Sheepdogby Kevin Artigue, is a love story, a tragedy, a critique of the police in American cities and a cry of despair over race relations in this divided country. It traces the arc of an interracial romance between two young Cleveland cops, Amina (Sarah Ellen Stephens) and Ryan (Doug Harris). It starts off promising, as he tends to her during a service-related injury. Their love grows as she recovers. They start talking about raising a family together. They successfully navigate their racial and cultural differences. There is only one problem…

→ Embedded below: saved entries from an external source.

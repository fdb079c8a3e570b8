-- ===== src/Scan/Launch/Groups.antt =====
-- The groups of signatures, by source, that a plan is made of.
use quipucords.Prelude.{
  ℕ, suc, ◌+◌, ◌≡◌, sym, ap, ◌∙◌, Bool, false, Option, some, List, [], ◌∷◌, ◌++◌, arith, ◌==◌, ◌||◌,
  any, any-append, length, length-append, if◌then◌else◌, nat_eq, inl, inr, Bool-cases,
}
use quipucords.Prelude.Dict.{Dict, lookup, insert, values}
use quipucords.Scan.Status.{type_eq, status_eq}
use quipucords.Scan.Launch.{Signature, or_nil}

-- Whether a chain of a list runs a task, and the number of runs in all chains.
abbrev pub runs : ℕ → List (List Signature) → Bool
runs i = any (any (λ (g : Signature). g.scan_task_id == i))

abbrev pub total : List (List Signature) → ℕ
total [] = 0
total (c ∷ cs) = length c + total cs

pub shuffle : (a b c : Bool) → ((a || (b || false)) || c) ≡ (b || (a || c))
shuffle a b c = ground arith

pub or_false : (a : Bool) → (a || false) ≡ a
or_false a = ground arith

pub plus_zero : (n : ℕ) → n + 0 ≡ n
plus_zero n = omega arith

pub or_false_or : (a : Bool) → ((a || false) || false) ≡ (a || false)
or_false_or a = ground arith

pub regroup : (a b c : Bool) → (a || (b || c)) ≡ ((b || a) || c)
regroup a b c = ground arith

pub swap : (a b c : Bool) → (a || (b || c)) ≡ (b || (a || c))
swap a b c = ground arith

-- A signature put at the end of the group of its source.
abbrev pub append_to :
    ℕ → Signature → Option (List Signature) → Dict ℕ (List Signature) → Dict ℕ (List Signature)
append_to s g o d = insert s (or_nil o ++ (g ∷ [])) d

abbrev pub cons_or :
    ℕ
    → Signature
    → Option (List Signature)
    → ℕ
    → List Signature
    → Dict ℕ (List Signature)
    → Bool
    → Dict ℕ (List Signature)
cons_or s g o j c d b = if b then (j, or_nil o ++ (g ∷ [])) ∷ d else (j, c) ∷ append_to s g o d

abbrev pub chosen : List Signature → Option (List Signature) → Bool → Option (List Signature)
chosen c o b = if b then some c else o

pub runs-append_to :
    (i s : ℕ) (g : Signature) (o : Option (List Signature)) (d : Dict ℕ (List Signature))
    → lookup s d ≡ o
    → runs i (values (append_to s g o d)) ≡ (g.scan_task_id == i || runs i (values d))
runs-append_to i s g o [] h =
    ap (λ q. runs i (values (append_to s g q []))) (sym h) ∙ or_false_or (g.scan_task_id == i)
runs-append_to i s g o ((j, c) ∷ d) h =
    let in_chain = any (λ (x : Signature). x.scan_task_id == i) in
    elim (Bool-cases (j == s)) [
      | inl e ↦
          ap (λ b. runs i (values (cons_or s g o j c d b))) e
          ∙ ap (λ q. runs i (values ((j, or_nil q ++ (g ∷ [])) ∷ d)))
              (sym h ∙ ap (chosen c (lookup s d)) e)
          ∙ ap (λ b. b || runs i (values d))
              (any-append (λ (x : Signature). x.scan_task_id == i) c (g ∷ []))
          ∙ shuffle (in_chain c) (g.scan_task_id == i) (runs i (values d))
      | inr e ↦
          ap (λ b. runs i (values (cons_or s g o j c d b))) e
          ∙ ap (λ b. in_chain c || b)
              (runs-append_to i s g o d (sym (ap (chosen c (lookup s d)) e) ∙ h))
          ∙ swap (in_chain c) (g.scan_task_id == i) (runs i (values d))
    ]

pub total-append_to :
    (s : ℕ) (g : Signature) (o : Option (List Signature)) (d : Dict ℕ (List Signature))
    → lookup s d ≡ o
    → total (values (append_to s g o d)) ≡ suc (total (values d))
total-append_to s g o [] h = ap (λ q. total (values (append_to s g q []))) (sym h)
total-append_to s g o ((j, c) ∷ d) h = elim (Bool-cases (j == s)) [
  | inl e ↦
      ap (λ b. total (values (cons_or s g o j c d b))) e
      ∙ ap (λ q. total (values ((j, or_nil q ++ (g ∷ [])) ∷ d)))
          (sym h ∙ ap (chosen c (lookup s d)) e)
      ∙ omega (arith, length-append c (g ∷ []))
  | inr e ↦
      ap (λ b. total (values (cons_or s g o j c d b))) e
      ∙ omega (arith, total-append_to s g o d (sym (ap (chosen c (lookup s d)) e) ∙ h))
]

This one problem, however, though it starts small, eventually grows big. This leads to a whole bunch of other things in their story. In the package, we discover, lurks the almost inevitably racist task of policing in big cities, much of which enforces drug laws that essentially outlaw much of the cities culture and commerce (laws historically adopted essentially as a way to criminalize blackness), as well as rules for police stops and the use of force that repeatedly disregard an arrested person’s circumstances, including mental illness . The very white and very macho culture of policing, the “sheepdog” mentality of the title, amplifies the danger. And then, even with safeguards like body cameras to keep police honest, the recordings they generate – even supplemented by civilian phone recordings – rarely attract liability. All these questions pile up in the problem.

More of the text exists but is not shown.